Tension, FB diagrams and some formula questions.

[lozzajp]

Ok this will be a long post, sorry in advance. I am an online student of a university and the help I am getting from them is ridiculous, I am also using a book called quicksmart introductory physics, and for the most part it is quite rubbish.

1st Problem: (not homework questions, I am trying to figure out the example and how it works)
http://postimage.org/image/wfk1kp6jx/ scan of the page

If you can see that scan of the page, great. It is about two masses on a pulley/string and one mass is on an incline. I can work out the acceleration of the separate masses (g for straight down, g x Sinθ for the incline) and that F=ma.

I am having trouble understanding how to get the resulting acceleration of the masses (I seem to have no trouble when it is a matter of two objects straight down on a string/pulley with different masses). As well as I can not figure out the Tension either.

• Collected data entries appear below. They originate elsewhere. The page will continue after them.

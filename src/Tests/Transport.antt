-- ===== src/Tests/Transport.antt =====
-- Examples for the transport header, the sender and the receiver of src/cw: a message of 276 bytes, sent
-- with an MTU of 24, and single packets.
use actube.Base.{
  ℕ, suc, ◌+◌, ◌/◌, ◌%◌, ◌^◌, ◌≤◌, ◌<◌, ◌≡◌, ◌≢◌, refl, ◌↔◌, ◌⊎◌, inl, arith, Mem, true, none, some,
  List, length, IsBytes, ◌==◌, ltb, ◌&&◌, if◌then◌else◌, get_dword, get_word,
}
use actube.Header.{
  bstr_len, get_hdr_hlen, get_hdr_wbid, get_hdr_rid, get_hdr_flag, get_hdr_msg_offset, rmac_hlen,
  set_hdr_hlen, set_hdr_rid, set_hdr_rmac,
}
use actube.Header.Fields.{set_hdr_hlen_lem, get_hdr_rid-set_hdr_rid}
use actube.Header.Rmac.{set_hdr_rmac_lem}
use actube.Fragman.{
  Frag, Realloc, frag_get, frag_new, fragman_create, find_or_new, frag_dst, fragman_add,
}
use actube.Fragman.Slots.{Succeeds, HasRoom}
use actube.Fragman.Bounds.{is_overflow, fragman_add_overflow}
use actube.Send.{Sender, Sent, Packet, send_msg, send_loop}
use actube.Send.Start.{CanFragment, msg_total}
use actube.Send.Misaligned.{EndsShort, send_loop_misaligned}
use actube.Conn.Packet.{process_packet}
use actube.Conn.Packet.Verdict.{Verdict, process_packet-Verdict}
use actube.Conn.Delivery.{Reassembled, receive, receive-send_msg}

abbrev message : Mem
message i = if i == 5 then 0 else if i == 6 then 15 else 1

message-IsBytes : IsBytes message
message-IsBytes i = ground arith

abbrev zeros : Mem
zeros i = 0

zeros-IsBytes : IsBytes zeros
zeros-IsBytes i = omega arith

abbrev long_message : Mem
long_message i = if i == 5 then 1 else if i == 6 then 15 else 1

long_message-IsBytes : IsBytes long_message
long_message-IsBytes i = ground arith

abbrev sender : Sender
sender = record { mtu = 24; fragid = 7; wbid = 1; base_rmac = none }

abbrev memory : Realloc
memory o = some zeros

memory-Succeeds : Succeeds memory
memory-Succeeds o = (zeros, refl)

sender-CanFragment : CanFragment sender long_message
unfolding get_word
sender-CanFragment = record {
  fragid = omega arith;
  mac = tt;
  aligned = refl;
  header_aligned = refl;
  room = omega arith;
  above_short = omega arith;
  in_buffer = omega arith;
  bytes = long_message-IsBytes;
  fits = omega arith;
  long = omega arith;
}

no_fragment : frag_get fragman_create 7 ≡ none
unfolding frag_get fragman_create
no_fragment = refl

fresh-HasRoom : HasRoom 0 fragman_create
unfolding fragman_create
fresh-HasRoom = inl refl

receive-send_msg_example :
    (ps : List Packet) × (send_msg (λ k. true) zeros sender long_message ≡ Sent.done ps)
    × Reassembled
        (msg_total long_message)
        long_message
        (length ps)
        (receive memory (λ k. k) 0 fragman_create ps)
receive-send_msg_example =
    receive-send_msg memory (λ k. k) fragman_create (λ k. true) zeros sender long_message
      (λ k. refl) memory-Succeeds zeros-IsBytes sender-CanFragment no_fragment fresh-HasRoom

-- A header of eight bytes, version 0, not a fragment.
abbrev plain_packet : Mem
plain_packet i = if i == 1 then 16 else 0

process_packet-Verdict_example :
    Verdict memory 0 fragman_create plain_packet 20
      (process_packet memory 0 fragman_create plain_packet 20)
process_packet-Verdict_example = process_packet-Verdict memory 0 fragman_create plain_packet 20

-- A fragment at the offset 8191, so that its payload starts at byte 65528.
abbrev far_packet : Mem
far_packet i = if i == 6 then 255 else if i == 7 then 248 else 0

abbrev first_slot : Frag
first_slot = record {
  buffer = some zeros;
  fragid = 0;
  bytesreceived = 0;
  bytesneeded = 0;
  tv_sec = 3;
}

far_slot :
    find_or_new memory 3 fragman_create
      (get_dword far_packet 4 / 2 ^ 16)
      (frag_get fragman_create (get_dword far_packet 4 / 2 ^ 16))
    ≡ ((frag_new memory 3 fragman_create 0).0, some (0, first_slot))
unfolding find_or_new frag_get frag_new fragman_create get_dword
far_slot = refl

fragman_add_overflow_example :
    is_overflow (fragman_add memory 3 fragman_create far_packet 8 9).1
    ≡ (ltb 65536 (frag_dst far_packet + 9) && ltb (frag_dst far_packet + 9) 65540)
fragman_add_overflow_example =
    fragman_add_overflow memory 3 fragman_create (frag_new memory 3 fragman_create 0).0 far_packet 8
      9 0 first_slot far_slot

-- A radio MAC of six bytes.
abbrev mac : Mem
mac i = if i == 0 then 6 else 17

mac-IsBytes : IsBytes mac
mac-IsBytes i = ground arith

set_hdr_rmac_lem_example :
    let m' = set_hdr_rmac zeros 0 (some mac) in
    (get_hdr_flag 0x10 m' 0 ≡ true)
    × (get_hdr_hlen m' 0 ≡ rmac_hlen (bstr_len mac))
    × ((j : ℕ) → j ≤ bstr_len mac → m' (0 + 8 + j) ≡ mac j)
    × ((9 + bstr_len mac ≤ get_hdr_msg_offset m' 0) ↔ (bstr_len mac % 4 ≢ 0))
set_hdr_rmac_lem_example = set_hdr_rmac_lem zeros 0 mac zeros-IsBytes mac-IsBytes (omega arith)

set_hdr_hlen_lem_example :
    (get_hdr_hlen (set_hdr_hlen message 0 4) 0 ≡ 4 % 2 ^ 5)
    × (get_hdr_wbid (set_hdr_hlen message 0 4) 0 ≡ get_hdr_wbid message 0)
    × (get_dword (set_hdr_hlen message 0 4) 0 / 2 ^ 24 ≡ get_dword message 0 / 2 ^ 24)
    × (get_dword (set_hdr_hlen message 0 4) 0 % 2 ^ 19 ≡ get_dword message 0 % 2 ^ 19)
    × (get_hdr_flag 0x80 (set_hdr_hlen message 0 4) 0 ≡ get_hdr_flag 0x80 message 0)
    × (get_hdr_flag 0x40 (set_hdr_hlen message 0 4) 0 ≡ get_hdr_flag 0x40 message 0)
    × (get_hdr_flag 0x10 (set_hdr_hlen message 0 4) 0 ≡ get_hdr_flag 0x10 message 0)
    × ((i : ℕ) → (i < 0) ⊎ (0 + 4 ≤ i) → set_hdr_hlen message 0 4 i ≡ message i)
set_hdr_hlen_lem_example = set_hdr_hlen_lem message 0 4 message-IsBytes

get_hdr_rid-set_hdr_rid_example :
    (get_dword (set_hdr_rid zeros 0 3) 0 / 2 ^ 14 % 2 ^ 5 ≡ 3 % 2 ^ 5)
    × (get_hdr_rid (set_hdr_rid zeros 0 3) 0 ≡ 0)
get_hdr_rid-set_hdr_rid_example = get_hdr_rid-set_hdr_rid zeros 0 3 zeros-IsBytes

-- An MTU of 20 leaves 12 bytes beside the header; the message has 20.
send_loop_misaligned_example :
    EndsShort 20 8 20 message (send_loop (λ k. true) 7 20 message (suc (suc 19)) 0 zeros 20 0 8)
send_loop_misaligned_example =
    send_loop_misaligned (λ k. true) 7 20 message zeros 19 20 8 (λ k. refl) (omega arith)
      (omega arith) message-IsBytes (omega arith) (omega arith) refl (omega arith) (omega arith)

I really need a simple explanation of how to do this process, as the book just goes from easy enough physics to all this overdrive in this example.

2nd Problem:
Short story, 2 mass on a pulley both directed at the ground. resulting in a 20kg mass accelerating towards the ground at 5.88m/s/s and has 2m to fall.

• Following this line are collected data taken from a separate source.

-- ===== src/Value.antt =====
-- The values of src/cw/val.h that the configuration keeps as text, and how they come from a message and
-- get into one. Texts and messages are lists of bytes.
pub mod Hex
pub mod Bstr16
pub mod Decimal
pub mod Number
pub mod Byte
pub mod Struct
pub mod Kinds
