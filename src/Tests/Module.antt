-- ===== src/Tests/Module.antt =====
-- A module with a server of short answers, which keeps to the size of the block and to its address.
use cuttle_db.Prelude.{
  ℕ, suc, ◌+◌, ◌≤◌, true, ◌&&◌, Bool-cases, inl, inr, [], ◌∷◌, Option, none, some, ◌≡◌, refl, sym,
  ap, ◌∙◌, arith, ◌==◌, leb, if◌then◌else◌, ok, length, take, Lacks, Text, text,
}
use cuttle_db.Prelude.Outcome.{Result}
use cuttle_db.Client.Simulation.{Carries}
use cuttle_db.Link.{Server, direct}
use cuttle_db.Link.Wasm.{IsEngine, written, wasm_transport-Carries}
use cuttle_db.Text.{text_eq}
use cuttle_db.Wasm.{Engine, out_cap, wasm_transport}

-- A server with short answers in a module. The link has the size of the block in use, 0 if there is
-- none, and what was written, with the address; the only address is 1024.
abbrev counter : Server ℕ
counter = record {
  answer =
      λ cmd n. if text_eq cmd (text "PING") then (text "+OK pong", n) else (text "-ERR bad", n + 1);
  events = λ cmd n. [];
}

abbrev Buffer : Type 0
Buffer = ℕ × (ℕ × Text)

-- The entry point at the end, with the answer and the counter behind it.
abbrev store : Text → ℕ → ℕ → ℕ → Buffer × ℕ → Result (Option ℕ) × (Buffer × ℕ)
store out after p cap e =
    if p == 1024 && (cap == e.0.0 && leb (length (written out)) cap)
    then (ok (some (length (written out))), ((e.0.0, (p, written out)), after))
    else (ok none, e)

abbrev engine : Engine (Buffer × ℕ)
engine = record {
  malloc = λ n e. (1024, ((n, (0, [])), e.1));
  free = λ p e. ((if p == 1024 then 0 else e.0.0, (0, [])), e.1);
  exec_line = λ cmd p cap e. store (counter.answer cmd e.1).0 (counter.answer cmd e.1).1 p cap e;
  utf8_to_string = λ p n e. if p == e.0.1.0 then take n e.0.1.1 else [];
  write_file = λ name bytes e. e;
}

abbrev InUse : ℕ → ℕ → Buffer → Type 0
InUse p n l = (p ≡ 1024) × (l.0 ≡ n)

take_all : (s : Text) → take (length s) s ≡ s
take_all [] = refl
take_all (c ∷ s) = ap (λ (t : Text). c ∷ t) (take_all s)

some_bytes : (out : Text) → (k : ℕ) × (suc k ≡ length (written out))
some_bytes [] = (1, refl)
some_bytes (c ∷ out) = (length (written out), refl)

store-runs :
    (out : Text) (after p cap : ℕ) (l : Buffer) (n : ℕ)
    → InUse p cap l
    → length (written out) ≤ cap
    → let (r, e) = store out after p cap (l, n) in
      (k : ℕ) × (suc k ≡ length (written out))
      × (r ≡ ok (some (suc k)))
      × (engine.utf8_to_string p (suc k) e ≡ written out)
      × (e.1 ≡ after)
      × Unit {0}
      × InUse p cap e.0
store-runs out after p cap l n (at_1024, sized) h =
    let here : (p == 1024 && (cap == l.0 && leb (length (written out)) cap)) ≡ true =
      ground (arith, at_1024, sized, h) in
    let same : (p == p) ≡ true = ground arith in
    let (k, bytes) = some_bytes out in
    rw here (
      k,
      bytes,
      ap (λ (x : ℕ). ok (some x)) (sym bytes),
      rw same (ap (λ (x : ℕ). take x (written out)) bytes ∙ take_all (written out)),
      refl,
      tt,
      (at_1024, sized),
    )

counter_fits : (cmd : Text) (n : ℕ) → length (written (counter.answer cmd n).0) ≤ out_cap
unfolding text_eq
counter_fits cmd n = elim (Bool-cases (text_eq cmd (text "PING"))) [
  | inl e ↦ rw e (omega arith)
  | inr e ↦ rw e (omega arith)
]

engine-IsEngine : IsEngine engine counter (λ memory. Unit {0}) InUse length
engine-IsEngine = record {
  taken = λ n l s y. (refl, tt, (refl, refl));
  given_back = λ p n l s y block. (refl, tt);
  runs = λ cmd p cap l s one y block h.
      store-runs (counter.answer cmd s).0 (counter.answer cmd s).1 p cap l s block h;
}

wasm_transport-Carries_example :
    Carries (λ (memory : Buffer). Unit {0}) (Lacks b'\n') (wasm_transport engine) (direct counter)
wasm_transport-Carries_example =
    wasm_transport-Carries engine counter (λ memory. Unit {0}) InUse length engine-IsEngine
      (λ cmd n one. counter_fits cmd n)

-- The second command is refused by the server, and the block has been given back.
wasm_runs :
    (wasm_transport engine).send_batch (text "PING" ∷ text "NO" ∷ []) ((0, (0, [])), 4)
    ≡ (ok (text "+OK pong" ∷ text "-ERR bad" ∷ []), ((0, (0, [])), 5))
unfolding wasm_transport text_eq
wasm_runs = refl
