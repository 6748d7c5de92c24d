-- ===== src/Wire/Results/Log.antt =====
-- `parseLog` gives back the page of the change feed that the server wrote.
use cuttle_db.Prelude.{
  ℕ, ◌^◌, ◌<◌, false, List, [], ◌∷◌, ◌++◌, map, some, ◌≡◌, ◌≢◌, refl, arith, ok, take-append, All,
  All-append, Lacks, Text, text,
}
use cuttle_db.Number.{int, is_digit, part_number, decimal}
use cuttle_db.Number.RoundTrip.{decimal-Lacks}
use cuttle_db.Text.{join}
use cuttle_db.Text.Laws.{split-append, split-Lacks, index_of-append}
use cuttle_db.Wire.Body.{bracketed_lem}
use cuttle_db.Wire.Results.{Logged, parse_logged, page_of, slices, parse_log}
use cuttle_db.Wire.Results.Contract.{in_brackets, logged}
use cuttle_db.Wire.Results.Items.{
  Item, All-first, items-Reads, parse_int-id, append-ne-nil, drop_past,
}

parse_logged-logged :
    (ts n : ℕ) (op : Text)
    → ts < 2 ^ 53
    → n < 2 ^ 53
    → Lacks b':' op
    → parse_logged (logged (ts, (n, op)))
      ≡ record { ts_ms = int false ts; row_id = int false n; op = some op }
unfolding parse_logged logged is_digit part_number
parse_logged-logged ts n op p q l = rw (
  split-append b':' (decimal ts) (decimal n ++ (b':' ∷ op)) (decimal-Lacks b':' ts refl),
  split-append b':' (decimal n) op (decimal-Lacks b':' n refl),
  split-Lacks b':' op l,
  parse_int-id ts p,
  parse_int-id n q,
)

logged-Item : (ts n : ℕ) (op : Text) → Lacks b';' op → Item (logged (ts, (n, op)))
unfolding logged is_digit
logged-Item ts n op l = (
  append-ne-nil (decimal ts) (decimal n ++ (b':' ∷ op)) b':',
  All-append (λ c. c ≢ b';') (decimal ts) _ (decimal-Lacks b';' ts refl)
      (
        omega arith,
        All-append (λ c. c ≢ b';') (decimal n) _ (decimal-Lacks b';' n refl) (omega arith, l),
      ),
)

-- What the server tells of one event, if it can be read back.
abbrev Plain : ℕ × (ℕ × Text) → Type 0
Plain (ts, (n, op)) = (ts < 2 ^ 53) × (n < 2 ^ 53) × Lacks b':' op × Lacks b';' op

abbrev pub event : ℕ × (ℕ × Text) → Logged
event (ts, (n, op)) = record { ts_ms = int false ts; row_id = int false n; op = some op }

event_reads : (e : ℕ × (ℕ × Text)) → Plain e → Item (logged e) × (parse_logged (logged e) ≡ event e)
event_reads (ts, (n, op)) (p, q, colons, semicolons) =
    (logged-Item ts n op semicolons, parse_logged-logged ts n op p q colons)

-- `log` returns the cursor and the events that the server sent, in its order.
pub parse_log-logged :
    (cursor : ℕ) (events : List (ℕ × (ℕ × Text)))
    → cursor < 2 ^ 53
    → All Plain events
    → parse_log (decimal cursor ++ (b' ' ∷ in_brackets (map logged events)))
      ≡ ok (record { cursor = int false cursor; events = map event events })
unfolding parse_log page_of slices is_digit
parse_log-logged cursor events h plain =
    let list = in_brackets (map logged events) in
    rw (
      index_of-append b' ' (decimal cursor) list (decimal-Lacks b' ' cursor refl),
      take-append (decimal cursor) (b' ' ∷ list),
      drop_past (decimal cursor) list b' ',
      bracketed_lem (text "log result") (join (b';' ∷ []) (map logged events)),
      parse_int-id cursor h,
      items-Reads logged parse_logged event events (All-first event_reads events plain),
    )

The acceleration part i worked out easy enough, but the time to calculate it to move those 2m i can't get it.

i used s=ut+0.5a(t^2)
rearranged it to get t^2 = 2.944/2
t = 1.21s

however this is apparently wrong and the book answers says a formula t^2 = 2s/a
t = 0.82s
where did this come from?

the resulting velocity i got from a = v/t so i mistakingly went v = a/t which ironically gave me the right answer for v (but i had t wrong).
v = at provides the right answer if t is right.

So why doesn't my first formula work for t?

Problem 3:
car 1 is traveling at a constant 30m/s and is 50m ahead of a stationary car 2.
car 2 uniformly begins accelerating at 4m/s/s. when will the car catch up?

The book gives me no information at all how to work this out.
The solution gives 50 +30t = 0 + 1/2 x 4t^2
I can see this is a modified s = ut + 0.5at^2 but I have no idea how it works or how to get to it?


Thanks if i can get just a little help understanding this!

 

[azizlwl]

Just apply Newton's Laws of Motion.

One of the most important skills for the student of elementary
mechanics is to learn to examine an object's environment and identify all the forces
on the object:
What are the things touching the object and possibly exerting contact
forces, such as friction or air pressure? And what are the nearby objects possibly
exerting action-at-a-distance forces, such as the gravitational pull of the Earth or the
electrostatic force of some charged body?

 

[lozzajp]

I can manage that for easier problems, but if you look at what I am having trouble with is what equation to use at the right time and how to get there/know that its that one to use.

just to add, friction, pressure and electrostatic forces I have not encountered yet :( simply having trouble with these 3 elementary topics.

 

[azizlwl]

We look at m2.
The Earth is pulling it down.
Since m1 is connected to m2, m1 is trying to stop m2.
Here Newton's 3rd. m1 is pulling m2 and this equal to m2 pulling the m1.

m1 will try to slow down m2, and m2 will try to make m1 moves.

So at m2,the net force applied at m2 is the sum of gravitational force and force from m1.

Newton's law, F_net=ma

F_{by earth}-F_{pull by m1}=m2a

.........

On the inclined plane, 4 forces acting on the m1
1. gravitational
2. the plane N
3. Friction which is apposing the motion which equal to μN
4. Pulling force from m2.

 

[lozzajp]

ill look at above post over the next while and see what I can get from it thanks :).

just figured out problem 2 on my own, i was rearranging it wrong.
s= ut + (0.5) x a x t^2
s/a = ut + (0.5) x t^2
2s/a = ut + t^2

no initial velocity so ut = 0
t^2 = 2s/a

 

[lozzajp]

F_{by earth}-F_{pull by m1}=m2a

Do you mean m1+m2? I did the exercise again using my own way of things and ended up with the right answer.

force 1 (gravity and m2) - force 2 (m1 down the incline) / m1+m2 (as in f=ma or a=f/m)
=2.9m/s/s
which is the answer the book gives, I think i have the idea of tension figured out now too.

Still have no idea the way the book does it though :/

 

[azizlwl]

1. No problem here.
2a. Fbd or vector diagram of m1. Since it is smooth no friction only 3 forces..
2b. Vector diagram for m2. Since pulley is frictionless, tension are equal.
3. Since the vectors are in different direction, the x-axis is taken as parallel to the plane for easier calculation. So N in y-direction and T in x-direction.
Now on mg which we have to resolve to 2 component of x and y direction.

4. Now begin calculation from motion equation.
F_net=ma

Which part that you do not understand?